- Exercise description
The reply to the records below should contain exactly the lines from the line with "inr l ↦ elim" through the line with "-- are there, have", and nothing besides.

- Material supplied
.....

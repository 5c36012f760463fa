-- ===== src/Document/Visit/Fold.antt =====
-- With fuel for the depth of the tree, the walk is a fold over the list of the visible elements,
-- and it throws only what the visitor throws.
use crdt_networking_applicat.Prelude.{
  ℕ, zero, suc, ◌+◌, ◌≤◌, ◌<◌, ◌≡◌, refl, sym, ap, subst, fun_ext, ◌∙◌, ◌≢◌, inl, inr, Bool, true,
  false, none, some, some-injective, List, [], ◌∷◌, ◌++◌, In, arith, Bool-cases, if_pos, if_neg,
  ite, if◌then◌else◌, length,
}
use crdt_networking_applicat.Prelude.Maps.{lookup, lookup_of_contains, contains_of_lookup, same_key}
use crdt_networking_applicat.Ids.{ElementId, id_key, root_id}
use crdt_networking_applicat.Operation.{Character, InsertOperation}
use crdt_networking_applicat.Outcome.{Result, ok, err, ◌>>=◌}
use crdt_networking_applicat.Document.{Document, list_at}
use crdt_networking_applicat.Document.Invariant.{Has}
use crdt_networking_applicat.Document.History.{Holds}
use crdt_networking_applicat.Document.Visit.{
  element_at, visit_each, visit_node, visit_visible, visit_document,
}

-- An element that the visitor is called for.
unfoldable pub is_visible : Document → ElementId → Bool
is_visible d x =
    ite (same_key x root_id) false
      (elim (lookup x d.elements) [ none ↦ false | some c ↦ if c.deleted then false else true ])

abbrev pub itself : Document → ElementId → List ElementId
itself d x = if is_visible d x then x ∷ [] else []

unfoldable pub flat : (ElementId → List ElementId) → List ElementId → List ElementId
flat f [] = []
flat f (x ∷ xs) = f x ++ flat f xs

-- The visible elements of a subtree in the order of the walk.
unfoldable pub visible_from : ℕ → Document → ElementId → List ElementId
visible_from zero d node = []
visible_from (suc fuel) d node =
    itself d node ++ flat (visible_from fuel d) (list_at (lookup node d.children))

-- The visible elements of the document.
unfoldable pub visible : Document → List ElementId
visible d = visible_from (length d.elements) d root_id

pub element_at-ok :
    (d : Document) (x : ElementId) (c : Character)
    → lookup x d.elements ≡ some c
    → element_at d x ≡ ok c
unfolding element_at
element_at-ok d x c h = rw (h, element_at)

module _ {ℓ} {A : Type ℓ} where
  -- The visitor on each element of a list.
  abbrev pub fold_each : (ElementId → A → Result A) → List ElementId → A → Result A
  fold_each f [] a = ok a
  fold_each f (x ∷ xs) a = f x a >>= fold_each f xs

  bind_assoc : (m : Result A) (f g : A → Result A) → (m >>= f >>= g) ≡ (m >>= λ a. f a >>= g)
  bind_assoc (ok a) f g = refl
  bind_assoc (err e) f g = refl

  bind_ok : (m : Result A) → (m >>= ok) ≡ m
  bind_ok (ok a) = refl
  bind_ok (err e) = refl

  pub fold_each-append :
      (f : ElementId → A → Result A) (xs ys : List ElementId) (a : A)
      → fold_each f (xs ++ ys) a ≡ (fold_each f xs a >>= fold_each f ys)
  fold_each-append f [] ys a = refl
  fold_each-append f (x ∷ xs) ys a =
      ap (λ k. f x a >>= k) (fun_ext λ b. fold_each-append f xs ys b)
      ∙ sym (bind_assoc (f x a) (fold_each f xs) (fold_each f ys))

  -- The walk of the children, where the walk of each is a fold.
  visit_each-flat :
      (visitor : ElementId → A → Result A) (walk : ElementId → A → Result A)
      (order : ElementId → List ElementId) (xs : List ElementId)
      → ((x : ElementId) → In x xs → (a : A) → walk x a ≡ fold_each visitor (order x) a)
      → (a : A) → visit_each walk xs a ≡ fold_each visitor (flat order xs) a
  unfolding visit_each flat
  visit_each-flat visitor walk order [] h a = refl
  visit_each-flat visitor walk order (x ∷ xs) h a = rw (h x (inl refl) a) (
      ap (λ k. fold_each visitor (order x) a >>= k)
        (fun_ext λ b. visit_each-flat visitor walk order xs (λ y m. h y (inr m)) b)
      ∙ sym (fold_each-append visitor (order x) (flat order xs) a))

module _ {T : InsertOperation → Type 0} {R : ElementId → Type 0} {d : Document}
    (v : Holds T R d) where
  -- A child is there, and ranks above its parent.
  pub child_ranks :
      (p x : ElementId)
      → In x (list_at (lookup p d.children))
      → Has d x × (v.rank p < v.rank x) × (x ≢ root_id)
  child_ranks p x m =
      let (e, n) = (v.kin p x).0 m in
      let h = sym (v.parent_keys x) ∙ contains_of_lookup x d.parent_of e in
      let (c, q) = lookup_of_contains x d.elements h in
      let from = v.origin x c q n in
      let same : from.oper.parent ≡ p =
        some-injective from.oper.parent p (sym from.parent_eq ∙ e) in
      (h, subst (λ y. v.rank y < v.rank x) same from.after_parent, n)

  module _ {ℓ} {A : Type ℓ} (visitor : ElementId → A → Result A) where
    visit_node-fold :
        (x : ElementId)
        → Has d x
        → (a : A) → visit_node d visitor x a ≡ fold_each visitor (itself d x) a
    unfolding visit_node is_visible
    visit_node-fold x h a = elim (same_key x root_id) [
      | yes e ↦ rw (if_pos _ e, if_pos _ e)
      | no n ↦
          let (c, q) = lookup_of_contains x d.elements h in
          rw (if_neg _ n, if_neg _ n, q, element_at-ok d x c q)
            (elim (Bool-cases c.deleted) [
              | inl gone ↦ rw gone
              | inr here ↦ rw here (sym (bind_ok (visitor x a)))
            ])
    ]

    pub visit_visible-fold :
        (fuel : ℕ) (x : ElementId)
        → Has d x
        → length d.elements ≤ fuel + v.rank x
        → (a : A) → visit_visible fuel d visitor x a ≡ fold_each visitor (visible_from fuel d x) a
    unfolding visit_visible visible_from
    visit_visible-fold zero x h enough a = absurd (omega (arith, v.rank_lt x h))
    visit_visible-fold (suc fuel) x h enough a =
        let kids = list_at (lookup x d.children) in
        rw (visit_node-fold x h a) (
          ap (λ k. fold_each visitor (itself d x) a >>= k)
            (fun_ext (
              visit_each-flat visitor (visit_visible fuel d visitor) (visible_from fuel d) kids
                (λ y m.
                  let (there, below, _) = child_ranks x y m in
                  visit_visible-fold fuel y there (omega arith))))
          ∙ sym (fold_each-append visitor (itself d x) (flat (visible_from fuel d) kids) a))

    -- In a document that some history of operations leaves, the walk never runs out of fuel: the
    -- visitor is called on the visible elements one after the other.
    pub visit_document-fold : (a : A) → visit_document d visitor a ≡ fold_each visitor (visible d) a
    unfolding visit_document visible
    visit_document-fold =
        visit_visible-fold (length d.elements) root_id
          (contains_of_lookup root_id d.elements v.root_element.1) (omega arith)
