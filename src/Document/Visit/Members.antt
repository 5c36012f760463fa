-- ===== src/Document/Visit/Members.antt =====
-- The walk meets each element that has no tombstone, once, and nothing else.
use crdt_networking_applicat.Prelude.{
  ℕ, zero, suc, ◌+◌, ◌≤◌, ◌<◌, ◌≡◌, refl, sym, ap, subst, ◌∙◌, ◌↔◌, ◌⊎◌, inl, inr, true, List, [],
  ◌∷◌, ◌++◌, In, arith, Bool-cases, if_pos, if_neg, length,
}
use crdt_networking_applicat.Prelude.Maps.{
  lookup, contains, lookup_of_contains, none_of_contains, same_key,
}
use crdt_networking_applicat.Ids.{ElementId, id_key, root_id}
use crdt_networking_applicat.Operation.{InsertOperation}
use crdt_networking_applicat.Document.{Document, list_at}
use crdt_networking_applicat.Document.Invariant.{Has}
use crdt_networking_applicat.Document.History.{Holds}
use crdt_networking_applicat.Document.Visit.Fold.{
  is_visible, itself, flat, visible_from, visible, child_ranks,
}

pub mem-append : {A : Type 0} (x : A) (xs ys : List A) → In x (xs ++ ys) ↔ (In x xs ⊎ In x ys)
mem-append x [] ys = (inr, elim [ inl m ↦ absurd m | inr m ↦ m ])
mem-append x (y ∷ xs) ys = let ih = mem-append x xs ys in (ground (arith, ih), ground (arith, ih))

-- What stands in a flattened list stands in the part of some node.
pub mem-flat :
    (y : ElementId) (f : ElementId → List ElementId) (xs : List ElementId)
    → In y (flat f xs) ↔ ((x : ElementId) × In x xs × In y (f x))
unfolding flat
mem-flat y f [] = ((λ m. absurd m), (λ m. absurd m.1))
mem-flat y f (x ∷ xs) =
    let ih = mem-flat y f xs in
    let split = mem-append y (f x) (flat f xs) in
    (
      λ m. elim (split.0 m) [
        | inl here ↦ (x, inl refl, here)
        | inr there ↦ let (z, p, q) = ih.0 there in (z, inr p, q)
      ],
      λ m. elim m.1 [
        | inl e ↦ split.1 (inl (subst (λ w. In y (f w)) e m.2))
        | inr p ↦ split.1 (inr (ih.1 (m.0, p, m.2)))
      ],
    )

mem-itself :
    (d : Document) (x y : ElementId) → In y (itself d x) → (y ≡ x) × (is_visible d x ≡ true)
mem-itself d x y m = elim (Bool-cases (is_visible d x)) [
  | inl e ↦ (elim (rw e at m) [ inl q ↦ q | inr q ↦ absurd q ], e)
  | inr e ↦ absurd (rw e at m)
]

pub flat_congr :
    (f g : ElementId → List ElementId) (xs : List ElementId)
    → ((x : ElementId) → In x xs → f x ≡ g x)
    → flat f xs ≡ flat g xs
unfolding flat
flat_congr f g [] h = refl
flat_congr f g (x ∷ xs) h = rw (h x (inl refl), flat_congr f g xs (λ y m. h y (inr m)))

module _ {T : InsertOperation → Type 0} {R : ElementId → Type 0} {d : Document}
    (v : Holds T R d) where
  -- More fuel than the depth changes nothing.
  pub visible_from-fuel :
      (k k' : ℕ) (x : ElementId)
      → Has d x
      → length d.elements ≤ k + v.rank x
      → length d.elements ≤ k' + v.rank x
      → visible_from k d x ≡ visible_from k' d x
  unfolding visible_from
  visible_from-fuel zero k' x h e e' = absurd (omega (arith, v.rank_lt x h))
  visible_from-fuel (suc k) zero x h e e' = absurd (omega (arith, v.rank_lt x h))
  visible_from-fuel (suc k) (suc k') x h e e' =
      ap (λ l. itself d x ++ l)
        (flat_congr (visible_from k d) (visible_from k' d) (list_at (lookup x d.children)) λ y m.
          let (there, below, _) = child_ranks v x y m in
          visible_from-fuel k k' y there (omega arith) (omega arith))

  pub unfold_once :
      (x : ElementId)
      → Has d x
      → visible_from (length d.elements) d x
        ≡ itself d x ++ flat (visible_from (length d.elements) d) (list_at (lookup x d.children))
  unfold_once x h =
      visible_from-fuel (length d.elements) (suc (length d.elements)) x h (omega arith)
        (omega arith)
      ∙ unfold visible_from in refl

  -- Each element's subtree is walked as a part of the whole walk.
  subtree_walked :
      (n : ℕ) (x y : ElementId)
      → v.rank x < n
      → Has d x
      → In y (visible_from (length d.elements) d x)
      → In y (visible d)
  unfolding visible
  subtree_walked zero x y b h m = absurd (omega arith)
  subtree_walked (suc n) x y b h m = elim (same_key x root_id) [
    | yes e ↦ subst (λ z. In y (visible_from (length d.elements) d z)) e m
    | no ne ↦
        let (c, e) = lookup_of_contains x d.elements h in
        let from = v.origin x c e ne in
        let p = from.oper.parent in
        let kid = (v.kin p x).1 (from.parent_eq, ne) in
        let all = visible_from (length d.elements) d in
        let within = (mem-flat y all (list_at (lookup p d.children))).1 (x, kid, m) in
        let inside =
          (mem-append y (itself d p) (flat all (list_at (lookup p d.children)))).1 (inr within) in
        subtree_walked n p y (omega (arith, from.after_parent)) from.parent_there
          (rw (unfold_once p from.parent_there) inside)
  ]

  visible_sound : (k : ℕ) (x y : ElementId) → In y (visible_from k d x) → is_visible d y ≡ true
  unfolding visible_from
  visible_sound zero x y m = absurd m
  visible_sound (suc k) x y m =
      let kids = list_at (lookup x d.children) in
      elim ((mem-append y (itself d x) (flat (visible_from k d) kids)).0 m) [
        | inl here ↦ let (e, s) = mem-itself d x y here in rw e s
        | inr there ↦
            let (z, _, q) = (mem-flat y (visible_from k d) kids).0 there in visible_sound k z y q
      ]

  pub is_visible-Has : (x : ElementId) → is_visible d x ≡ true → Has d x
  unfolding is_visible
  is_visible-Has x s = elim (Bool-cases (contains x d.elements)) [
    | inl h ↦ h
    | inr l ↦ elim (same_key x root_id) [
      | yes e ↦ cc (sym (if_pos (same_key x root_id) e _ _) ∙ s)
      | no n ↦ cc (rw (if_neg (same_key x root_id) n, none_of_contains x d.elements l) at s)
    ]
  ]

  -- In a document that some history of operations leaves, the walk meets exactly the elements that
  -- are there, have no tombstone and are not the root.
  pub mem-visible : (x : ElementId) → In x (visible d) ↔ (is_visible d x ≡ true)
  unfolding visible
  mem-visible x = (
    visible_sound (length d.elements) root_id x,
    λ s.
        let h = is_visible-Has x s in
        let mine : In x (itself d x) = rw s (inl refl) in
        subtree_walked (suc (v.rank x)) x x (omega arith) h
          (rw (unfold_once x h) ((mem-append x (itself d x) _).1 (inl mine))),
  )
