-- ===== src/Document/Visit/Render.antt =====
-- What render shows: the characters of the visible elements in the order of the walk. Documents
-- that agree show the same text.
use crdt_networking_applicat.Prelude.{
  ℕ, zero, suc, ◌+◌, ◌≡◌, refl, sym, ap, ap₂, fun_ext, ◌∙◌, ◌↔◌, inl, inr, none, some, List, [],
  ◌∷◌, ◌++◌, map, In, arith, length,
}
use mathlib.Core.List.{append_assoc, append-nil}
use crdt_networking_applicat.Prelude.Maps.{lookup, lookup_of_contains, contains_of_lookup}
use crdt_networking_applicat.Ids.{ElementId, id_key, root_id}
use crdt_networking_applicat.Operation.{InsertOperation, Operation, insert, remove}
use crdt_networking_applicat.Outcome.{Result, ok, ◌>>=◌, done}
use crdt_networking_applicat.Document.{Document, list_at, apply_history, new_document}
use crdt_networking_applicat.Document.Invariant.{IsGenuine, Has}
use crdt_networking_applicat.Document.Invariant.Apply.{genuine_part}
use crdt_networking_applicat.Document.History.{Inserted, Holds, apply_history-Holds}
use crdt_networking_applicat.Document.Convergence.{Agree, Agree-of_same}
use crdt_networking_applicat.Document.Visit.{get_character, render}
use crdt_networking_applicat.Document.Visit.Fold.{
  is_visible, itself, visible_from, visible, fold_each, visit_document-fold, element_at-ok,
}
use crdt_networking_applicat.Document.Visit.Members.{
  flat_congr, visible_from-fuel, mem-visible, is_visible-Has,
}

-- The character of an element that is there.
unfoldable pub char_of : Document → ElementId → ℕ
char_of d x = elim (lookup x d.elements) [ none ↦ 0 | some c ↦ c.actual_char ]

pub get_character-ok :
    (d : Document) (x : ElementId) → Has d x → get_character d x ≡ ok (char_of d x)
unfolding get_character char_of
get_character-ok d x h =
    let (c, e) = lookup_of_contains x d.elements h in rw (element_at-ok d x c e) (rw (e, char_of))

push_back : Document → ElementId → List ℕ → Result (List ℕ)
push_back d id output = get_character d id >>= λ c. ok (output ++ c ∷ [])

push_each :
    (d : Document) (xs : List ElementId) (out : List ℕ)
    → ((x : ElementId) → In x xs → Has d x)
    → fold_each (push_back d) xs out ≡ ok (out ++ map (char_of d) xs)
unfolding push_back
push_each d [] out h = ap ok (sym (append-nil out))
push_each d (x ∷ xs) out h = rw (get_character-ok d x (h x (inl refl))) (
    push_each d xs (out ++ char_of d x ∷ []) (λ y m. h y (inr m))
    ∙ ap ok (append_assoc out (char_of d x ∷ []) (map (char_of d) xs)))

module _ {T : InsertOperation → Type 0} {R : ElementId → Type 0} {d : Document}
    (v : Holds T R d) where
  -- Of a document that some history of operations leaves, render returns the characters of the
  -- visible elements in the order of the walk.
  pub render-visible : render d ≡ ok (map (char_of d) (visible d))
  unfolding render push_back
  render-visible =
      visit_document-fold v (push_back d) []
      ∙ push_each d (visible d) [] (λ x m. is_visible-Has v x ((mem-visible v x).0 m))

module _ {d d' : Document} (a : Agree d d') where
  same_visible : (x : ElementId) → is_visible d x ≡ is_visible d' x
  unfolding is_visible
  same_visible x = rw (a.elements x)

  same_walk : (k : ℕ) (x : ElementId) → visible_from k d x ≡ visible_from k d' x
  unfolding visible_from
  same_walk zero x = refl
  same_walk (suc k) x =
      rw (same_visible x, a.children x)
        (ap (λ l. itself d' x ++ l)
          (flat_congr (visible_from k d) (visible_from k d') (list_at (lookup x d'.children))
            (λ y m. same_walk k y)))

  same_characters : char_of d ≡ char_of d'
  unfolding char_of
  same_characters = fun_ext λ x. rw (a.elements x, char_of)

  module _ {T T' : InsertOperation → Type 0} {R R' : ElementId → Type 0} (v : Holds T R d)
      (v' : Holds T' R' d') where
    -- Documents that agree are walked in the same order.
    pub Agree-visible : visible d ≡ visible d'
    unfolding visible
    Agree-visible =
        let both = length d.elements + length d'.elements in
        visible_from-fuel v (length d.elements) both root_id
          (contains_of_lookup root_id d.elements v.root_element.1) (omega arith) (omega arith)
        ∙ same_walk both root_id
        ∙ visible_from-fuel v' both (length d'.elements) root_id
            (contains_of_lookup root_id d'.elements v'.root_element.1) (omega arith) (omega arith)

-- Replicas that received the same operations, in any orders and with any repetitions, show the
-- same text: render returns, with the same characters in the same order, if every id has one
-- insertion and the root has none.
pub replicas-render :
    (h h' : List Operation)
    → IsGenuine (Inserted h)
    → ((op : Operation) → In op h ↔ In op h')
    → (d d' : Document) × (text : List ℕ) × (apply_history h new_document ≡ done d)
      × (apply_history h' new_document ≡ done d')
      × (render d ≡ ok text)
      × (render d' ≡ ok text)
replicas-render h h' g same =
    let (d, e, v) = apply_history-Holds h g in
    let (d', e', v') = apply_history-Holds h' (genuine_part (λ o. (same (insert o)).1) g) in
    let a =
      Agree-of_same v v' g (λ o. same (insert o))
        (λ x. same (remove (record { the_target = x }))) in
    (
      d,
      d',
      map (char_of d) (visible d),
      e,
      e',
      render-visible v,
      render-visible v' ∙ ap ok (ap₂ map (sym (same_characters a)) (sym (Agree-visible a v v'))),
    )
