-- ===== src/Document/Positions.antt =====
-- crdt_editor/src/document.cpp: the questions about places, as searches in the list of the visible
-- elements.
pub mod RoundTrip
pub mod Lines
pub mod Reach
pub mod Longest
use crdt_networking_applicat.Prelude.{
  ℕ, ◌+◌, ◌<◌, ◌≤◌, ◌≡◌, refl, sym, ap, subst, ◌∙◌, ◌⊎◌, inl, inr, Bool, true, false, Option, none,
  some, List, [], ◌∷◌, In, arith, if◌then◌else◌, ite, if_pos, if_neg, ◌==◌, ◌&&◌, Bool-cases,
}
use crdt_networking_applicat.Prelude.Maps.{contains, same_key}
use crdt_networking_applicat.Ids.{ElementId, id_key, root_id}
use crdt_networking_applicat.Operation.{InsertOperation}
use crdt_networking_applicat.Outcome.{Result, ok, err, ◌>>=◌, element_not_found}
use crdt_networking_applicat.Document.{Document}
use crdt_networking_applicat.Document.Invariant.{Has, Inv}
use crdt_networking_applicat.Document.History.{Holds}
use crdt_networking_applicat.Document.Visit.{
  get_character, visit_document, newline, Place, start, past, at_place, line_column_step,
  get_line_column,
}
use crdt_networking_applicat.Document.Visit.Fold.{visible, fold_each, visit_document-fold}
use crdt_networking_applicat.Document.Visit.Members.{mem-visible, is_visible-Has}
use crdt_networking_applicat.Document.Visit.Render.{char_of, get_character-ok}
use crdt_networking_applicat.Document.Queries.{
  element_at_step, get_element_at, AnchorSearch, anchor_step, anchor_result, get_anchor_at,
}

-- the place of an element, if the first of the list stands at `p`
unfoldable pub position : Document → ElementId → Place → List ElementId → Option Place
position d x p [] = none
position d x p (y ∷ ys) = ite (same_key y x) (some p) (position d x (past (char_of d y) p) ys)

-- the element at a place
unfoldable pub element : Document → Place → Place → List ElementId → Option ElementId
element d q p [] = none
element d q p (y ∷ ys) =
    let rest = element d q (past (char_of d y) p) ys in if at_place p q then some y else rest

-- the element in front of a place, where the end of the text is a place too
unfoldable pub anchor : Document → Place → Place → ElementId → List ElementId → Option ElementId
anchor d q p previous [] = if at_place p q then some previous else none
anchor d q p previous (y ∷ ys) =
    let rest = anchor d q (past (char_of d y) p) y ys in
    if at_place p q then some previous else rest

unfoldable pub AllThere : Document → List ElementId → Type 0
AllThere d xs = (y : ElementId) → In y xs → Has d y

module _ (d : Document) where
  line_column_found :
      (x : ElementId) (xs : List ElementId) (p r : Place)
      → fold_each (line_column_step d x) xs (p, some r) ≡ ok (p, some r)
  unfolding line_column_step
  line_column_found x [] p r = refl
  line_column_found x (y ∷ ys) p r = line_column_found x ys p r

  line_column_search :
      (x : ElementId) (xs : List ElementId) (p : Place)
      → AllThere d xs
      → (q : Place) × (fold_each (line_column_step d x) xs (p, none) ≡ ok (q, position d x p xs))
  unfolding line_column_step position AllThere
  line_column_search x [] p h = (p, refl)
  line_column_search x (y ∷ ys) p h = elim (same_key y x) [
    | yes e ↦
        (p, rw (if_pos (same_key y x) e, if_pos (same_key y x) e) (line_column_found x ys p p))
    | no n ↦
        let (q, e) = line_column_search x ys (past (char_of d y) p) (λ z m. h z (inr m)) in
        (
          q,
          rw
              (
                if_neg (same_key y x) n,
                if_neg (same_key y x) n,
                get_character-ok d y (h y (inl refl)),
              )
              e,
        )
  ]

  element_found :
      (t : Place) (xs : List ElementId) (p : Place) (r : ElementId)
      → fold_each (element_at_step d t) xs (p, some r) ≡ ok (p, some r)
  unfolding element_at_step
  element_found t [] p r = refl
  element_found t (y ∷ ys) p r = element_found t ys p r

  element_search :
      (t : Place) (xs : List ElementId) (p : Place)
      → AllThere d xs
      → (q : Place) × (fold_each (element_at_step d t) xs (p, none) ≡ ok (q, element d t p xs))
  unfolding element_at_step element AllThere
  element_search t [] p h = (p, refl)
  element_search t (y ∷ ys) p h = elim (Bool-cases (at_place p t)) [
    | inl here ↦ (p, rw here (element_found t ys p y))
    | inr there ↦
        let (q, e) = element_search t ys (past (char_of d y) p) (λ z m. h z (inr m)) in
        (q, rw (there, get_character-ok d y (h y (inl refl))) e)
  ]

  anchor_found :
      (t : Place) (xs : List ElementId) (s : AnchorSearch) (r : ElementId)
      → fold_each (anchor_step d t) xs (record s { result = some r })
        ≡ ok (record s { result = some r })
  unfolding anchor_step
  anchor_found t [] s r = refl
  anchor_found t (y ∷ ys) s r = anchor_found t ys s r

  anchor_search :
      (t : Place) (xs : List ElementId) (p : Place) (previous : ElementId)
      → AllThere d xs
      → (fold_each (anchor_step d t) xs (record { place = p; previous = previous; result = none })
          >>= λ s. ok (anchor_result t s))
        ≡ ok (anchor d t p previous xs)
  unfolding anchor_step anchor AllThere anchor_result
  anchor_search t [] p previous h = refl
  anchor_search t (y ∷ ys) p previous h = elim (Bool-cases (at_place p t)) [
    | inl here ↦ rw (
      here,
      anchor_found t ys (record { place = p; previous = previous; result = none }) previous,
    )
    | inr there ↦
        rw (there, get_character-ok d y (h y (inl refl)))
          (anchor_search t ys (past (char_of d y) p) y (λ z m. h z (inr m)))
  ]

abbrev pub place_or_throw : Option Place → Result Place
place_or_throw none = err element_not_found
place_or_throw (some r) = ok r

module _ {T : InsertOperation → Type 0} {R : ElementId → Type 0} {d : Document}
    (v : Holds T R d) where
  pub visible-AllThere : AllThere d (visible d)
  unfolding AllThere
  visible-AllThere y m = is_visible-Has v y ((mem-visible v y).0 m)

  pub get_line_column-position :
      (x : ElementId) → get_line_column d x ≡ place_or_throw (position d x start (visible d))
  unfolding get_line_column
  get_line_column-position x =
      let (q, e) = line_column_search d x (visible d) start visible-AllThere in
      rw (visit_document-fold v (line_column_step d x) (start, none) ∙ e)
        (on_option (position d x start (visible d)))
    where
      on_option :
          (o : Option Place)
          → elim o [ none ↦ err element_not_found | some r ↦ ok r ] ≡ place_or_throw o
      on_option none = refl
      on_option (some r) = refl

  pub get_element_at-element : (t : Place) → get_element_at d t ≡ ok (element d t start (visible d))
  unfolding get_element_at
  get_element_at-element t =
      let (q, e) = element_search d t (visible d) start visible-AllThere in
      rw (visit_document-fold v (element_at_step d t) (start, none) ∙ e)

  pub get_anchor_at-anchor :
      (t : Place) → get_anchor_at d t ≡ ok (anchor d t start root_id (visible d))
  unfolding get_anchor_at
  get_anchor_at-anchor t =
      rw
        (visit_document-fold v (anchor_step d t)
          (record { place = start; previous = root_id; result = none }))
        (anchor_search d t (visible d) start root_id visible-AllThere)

.....

- Output below
    | inr l ↦ elim (same_key x root_id) [
      | yes e ↦ cc (sym (if_pos (same_key x root_id) e _ _) ∙ s)
      | no n ↦ cc (rw (if_neg (same_key x root_id) n, none_of_contains x d.elements l) at s)
    ]
  ]

  -- In a document that some history of operations leaves, the walk meets exactly the elements that
  -- are there, have no tombstone and are not the root.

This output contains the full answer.